**EXERCISE OBJECTIVE**. In the listing that follows, the range to quote begins at the line that has "Within-self cs = (omega arith, omega arith)" and ends after the line that has "(suppress : Bool) (x : Store) (rest"; quote it verbatim and add nothing.

**DATA FOR ANALYSIS**.
══════

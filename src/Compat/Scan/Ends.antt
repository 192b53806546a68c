-- ===== src/Compat/Scan/Ends.antt =====
-- The loop of vsscanf ends, and counts no more matches than the format has percent signs.
use c_lite.Base.{
  ℕ, zero, suc, ◌+◌, ◌-◌, ◌*◌, ◌≤◌, ◌<◌, ◌≡◌, refl, inl, inr, Bool, true, false, [], ◌∷◌, some,
  ◌==◌, if◌then◌else◌, length, arith, Bool-cases,
}
use c_lite.Text.{Bytes, first, rest_of}
use c_lite.Ctype.{isspace}
use c_lite.Compat.Scan.{
  Scanned, ended, past_end, out_of_fuel, Progress, Store, skip_space, width_loop, size_bits,
  put_store, count_match, field, conversion, give, go_on, scan_directive, scan_loop, vsscanf,
}

-- The percent signs of a format.
unfoldable pub percents : Bytes → ℕ
percents [] = 0
percents (c ∷ cs) = if c == b'%' then suc (percents cs) else percents cs

unfoldable pub IsCounted : ℕ → Scanned → Type 0
IsCounted k (ended m stores) = m ≤ k
IsCounted k past_end = Unit
IsCounted k out_of_fuel = ⊥

-- What is left of a format.
Within : Bytes → Bytes → Type 0
Within a b = (length a ≤ length b) × (percents a ≤ percents b)

Within-self : (cs : Bytes) → Within cs cs
unfolding Within
Within-self cs = (omega arith, omega arith)

rest_of-Within : (cs : Bytes) → Within (rest_of cs) cs
unfolding Within percents
rest_of-Within [] = (omega arith, omega arith)
rest_of-Within (c ∷ cs) = (omega arith, ground arith)

Within-trans : (a b c : Bytes) → Within a b → Within b c → Within a c
unfolding Within
Within-trans a b c (l, p) (l', p') = (omega arith, omega arith)

skip_space-Within : (cs : Bytes) → Within (skip_space cs) cs
unfolding Within skip_space percents
skip_space-Within [] = (omega arith, omega arith)
skip_space-Within (c ∷ cs) = let (l, p) = skip_space-Within cs in (ground arith, ground arith)

width_loop-Within : (n : ℕ) (cs : Bytes) → Within (width_loop n cs).1 cs
unfolding Within width_loop percents
width_loop-Within n [] = (omega arith, omega arith)
width_loop-Within n (c ∷ cs) =
    let (l, p) = width_loop-Within (n * 10 + (c - b'0')) cs in (ground arith, ground arith)

size_bits-Within : (f : Bytes) → Within (size_bits f).1 f
unfolding Within size_bits
size_bits-Within f =
    let (l, p) = rest_of-Within f in
    let (l', p') = rest_of-Within (rest_of f) in (ground arith, ground arith)

-- A result with at most so many matches.
unfoldable AtMost : ℕ → Bool × Progress → Type 0
AtMost k r = r.1.matches ≤ k

if-AtMost :
    (k : ℕ) (c : Bool) (a b : Bool × Progress)
    → AtMost k a
    → AtMost k b
    → AtMost k (if c then a else b)
if-AtMost k true a b ha hb = ha
if-AtMost k false a b ha hb = hb

same-AtMost : (goes_on : Bool) (st : Progress) → AtMost (st.matches + 1) (goes_on, st)
unfolding AtMost
same-AtMost goes_on st = omega arith

put_store-matches :
    (suppress : Bool) (x : Store) (st : Progress) → (put_store suppress x st).matches ≡ st.matches
put_store-matches true x st = refl
put_store-matches false x st = refl

stored-AtMost :
    (suppress : Bool) (x : Store) (st : Progress)
    → AtMost (st.matches + 1) (true, put_store suppress x st)
unfolding AtMost
stored-AtMost suppress x st = omega (arith, put_store-matches suppress x st)

count_match-AtMost :
    (suppress : Bool) (x : Store) (rest : Bytes) (st : Progress)
    → AtMost (st.matches + 1) (true, count_match rest (put_store suppress x st))
unfolding AtMost
count_match-AtMost suppress x rest st = omega (arith, put_store-matches suppress x st)

field-AtMost :
    (suppress : Bool) (width bits conv : ℕ) (st : Progress)
    → AtMost (st.matches + 1) (field suppress width bits conv st)
unfolding field
field-AtMost suppress width bits conv st =
    search (if-AtMost, same-AtMost, count_match-AtMost) depth 9

conversion-AtMost :
    (total : ℕ) (suppress : Bool) (width bits conv : ℕ) (st : Progress)
    → AtMost (st.matches + 1) (conversion total suppress width bits conv st)
unfolding conversion
conversion-AtMost total suppress width bits conv st =
    search
      (
        if-AtMost,
        same-AtMost,
        stored-AtMost,
        count_match-AtMost,
        field-AtMost suppress width bits conv (record st { s = skip_space st.s }),
      )
      depth 9

give-IsCounted : (k : ℕ) (st : Progress) → st.matches ≤ k → IsCounted k (give st)
unfolding IsCounted
give-IsCounted k st h = h

go_on-IsCounted :
    (k m : ℕ) (go : Bytes → Progress → Scanned) (f : Bytes) (r : Bool × Progress)
    → AtMost m r
    → m ≤ k
    → ((st : Progress) → st.matches ≤ m → IsCounted k (go (rest_of f) st))
    → IsCounted k (go_on go f r)
unfolding AtMost
go_on-IsCounted k m go f (false, st) most le later = give-IsCounted k st (omega arith)
go_on-IsCounted k m go f (true, st) most le later = elim (Bool-cases (first f == 0)) [
  | inl nul ↦ rw nul (unfold IsCounted in tt)
  | inr more ↦ rw more (later st most)
]

IsCounted-weaken : (j k : ℕ) (r : Scanned) → IsCounted j r → j ≤ k → IsCounted k r
unfolding IsCounted
IsCounted-weaken j k (ended m stores) h le = omega arith
IsCounted-weaken j k past_end h le = tt
IsCounted-weaken j k out_of_fuel h le = h

-- What stands behind a conversion.
conversion-Within :
    (suppress : Bool) (f : Bytes)
    → Within (rest_of (size_bits (width_loop 0 (if suppress then rest_of f else f)).1).1) f
conversion-Within suppress f =
    let start = if suppress then rest_of f else f in
    let sizes = (width_loop 0 start).1 in
    let conv = (size_bits sizes).1 in
    Within-trans (rest_of conv) conv f (rest_of-Within conv) (
      Within-trans conv sizes f (size_bits-Within sizes)
        (Within-trans sizes start f (width_loop-Within 0 start) (started suppress f)))
  where
    started : (suppress : Bool) (f : Bytes) → Within (if suppress then rest_of f else f) f
    started true f = rest_of-Within f
    started false f = Within-self f

scan_directive-IsCounted :
    (total k : ℕ) (f : Bytes) (st : Progress) (go : Bytes → Progress → Scanned)
    → st.matches + 1 ≤ k
    → ((g : Bytes) (st' : Progress)
        → Within g f
        → st'.matches ≤ st.matches + 1
        → IsCounted k (go g st'))
    → IsCounted k (scan_directive total f st go)
unfolding scan_directive
scan_directive-IsCounted total k f st go le later =
    let suppress = first f == b'*' in
    let sizes = width_loop 0 (if suppress then rest_of f else f) in
    let conv = size_bits sizes.1 in
    go_on-IsCounted k (st.matches + 1) go conv.1
      (conversion total suppress sizes.0 conv.0 (first conv.1) st)
      (conversion-AtMost total suppress sizes.0 conv.0 (first conv.1) st) le
      (λ st' most. later (rest_of conv.1) st' (conversion-Within suppress f) most)

percents_more : (c : ℕ) (cs : Bytes) → percents cs ≤ percents (c ∷ cs)
unfolding percents
percents_more c cs = ground arith

percents_percent : (c : ℕ) (cs : Bytes) → (c == b'%') ≡ true → percents (c ∷ cs) ≡ suc (percents cs)
unfolding percents
percents_percent c cs h = rw h refl

scan_loop-IsCounted :
    (n total : ℕ) (f : Bytes) (st : Progress)
    → length f < n
    → IsCounted (st.matches + percents f) (scan_loop n total f st)
unfolding scan_loop Within
scan_loop-IsCounted zero total f st enough = absurd (omega arith)
scan_loop-IsCounted (suc n) total [] st enough = give-IsCounted _ st (omega arith)
scan_loop-IsCounted (suc n) total (c ∷ cs) st enough =
    let k = st.matches + percents (c ∷ cs) in
    let whole = percents_more c cs in
    let later : (g : Bytes) (st' : Progress)
        → Within g cs
        → st'.matches + percents cs ≤ k
        → IsCounted k (scan_loop n total g st') =
      λ g st' (shorter, fewer) small.
        IsCounted-weaken (st'.matches + percents g) k (scan_loop n total g st')
          (scan_loop-IsCounted n total g st' (omega arith)) (omega arith) in
    elim (Bool-cases (isspace c)) [
      | inl space ↦ rw space (later (skip_space cs) _ (skip_space-Within cs) (omega arith))
      | inr text ↦ elim (Bool-cases (c == b'%')) [
        | inr plain ↦ elim (Bool-cases (first st.s == c)) [
          | inl same ↦ rw (text, plain, same) (later cs _ (Within-self cs) (omega arith))
          | inr other ↦ rw (text, plain, other) (give-IsCounted _ st (omega arith))
        ]
        | inl percent ↦ elim (Bool-cases (first cs == b'%')) [
          | inl double ↦ elim (Bool-cases (first st.s == b'%')) [
            | inl same ↦
                rw (text, percent, double, same)
                  (later (rest_of cs) _ (rest_of-Within cs) (omega arith))
            | inr other ↦ rw (text, percent, double, other) (give-IsCounted _ st (omega arith))
          ]
          | inr single ↦
              let one = percents_percent c cs percent in
              rw (text, percent, single)
                (scan_directive-IsCounted total k cs st (scan_loop n total) (omega arith)
                  (λ g st' w m. later g st' w (omega arith)))
        ]
      ]
    ]

-- With more fuel than the format has bytes, vsscanf does not run out of it: its loop ends. It then
-- returns at most as many matches as the format has percent signs, or has read on behind the NUL
-- of a format that ends inside of a directive.
pub vsscanf-IsCounted :
    (fuel : ℕ) (str format : Bytes)
    → length format < fuel
    → IsCounted (percents format) (vsscanf fuel (some str) (some format))
unfolding vsscanf
vsscanf-IsCounted fuel str format enough =
    let st : Progress = record { matches = 0; stores = []; s = str } in
    IsCounted-weaken (0 + percents format) (percents format) (scan_loop fuel (length str) format st)
      (scan_loop-IsCounted fuel (length str) format st enough) (omega arith)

══════

**SOLUTION TO THIS EXERCISE**.
Within-self cs = (omega arith, omega arith)

rest_of-Within : (cs : Bytes) → Within (rest_of cs) cs
unfolding Within percents
rest_of-Within [] = (omega arith, omega arith)
rest_of-Within (c ∷ cs) = (omega arith, ground arith)

Within-trans : (a b c : Bytes) → Within a b → Within b c → Within a c
unfolding Within
Within-trans a b c (l, p) (l', p') = (omega arith, omega arith)

skip_space-Within : (cs : Bytes) → Within (skip_space cs) cs
unfolding Within skip_space percents
skip_space-Within [] = (omega arith, omega arith)
skip_space-Within (c ∷ cs) = let (l, p) = skip_space-Within cs in (ground arith, ground arith)

width_loop-Within : (n : ℕ) (cs : Bytes) → Within (width_loop n cs).1 cs
unfolding Within width_loop percents
width_loop-Within n [] = (omega arith, omega arith)
width_loop-Within n (c ∷ cs) =
    let (l, p) = width_loop-Within (n * 10 + (c - b'0')) cs in (ground arith, ground arith)

size_bits-Within : (f : Bytes) → Within (size_bits f).1 f
unfolding Within size_bits
size_bits-Within f =
    let (l, p) = rest_of-Within f in
    let (l', p') = rest_of-Within (rest_of f) in (ground arith, ground arith)

-- A result with at most so many matches.
unfoldable AtMost : ℕ → Bool × Progress → Type 0
AtMost k r = r.1.matches ≤ k

if-AtMost :
    (k : ℕ) (c : Bool) (a b : Bool × Progress)
    → AtMost k a
    → AtMost k b
    → AtMost k (if c then a else b)
if-AtMost k true a b ha hb = ha
if-AtMost k false a b ha hb = hb

same-AtMost : (goes_on : Bool) (st : Progress) → AtMost (st.matches + 1) (goes_on, st)
unfolding AtMost
same-AtMost goes_on st = omega arith

put_store-matches :
    (suppress : Bool) (x : Store) (st : Progress) → (put_store suppress x st).matches ≡ st.matches
put_store-matches true x st = refl
put_store-matches false x st = refl

stored-AtMost :
    (suppress : Bool) (x : Store) (st : Progress)
    → AtMost (st.matches + 1) (true, put_store suppress x st)
unfolding AtMost
stored-AtMost suppress x st = omega (arith, put_store-matches suppress x st)

count_match-AtMost :
    (suppress : Bool) (x : Store) (rest : Bytes) (st : Progress)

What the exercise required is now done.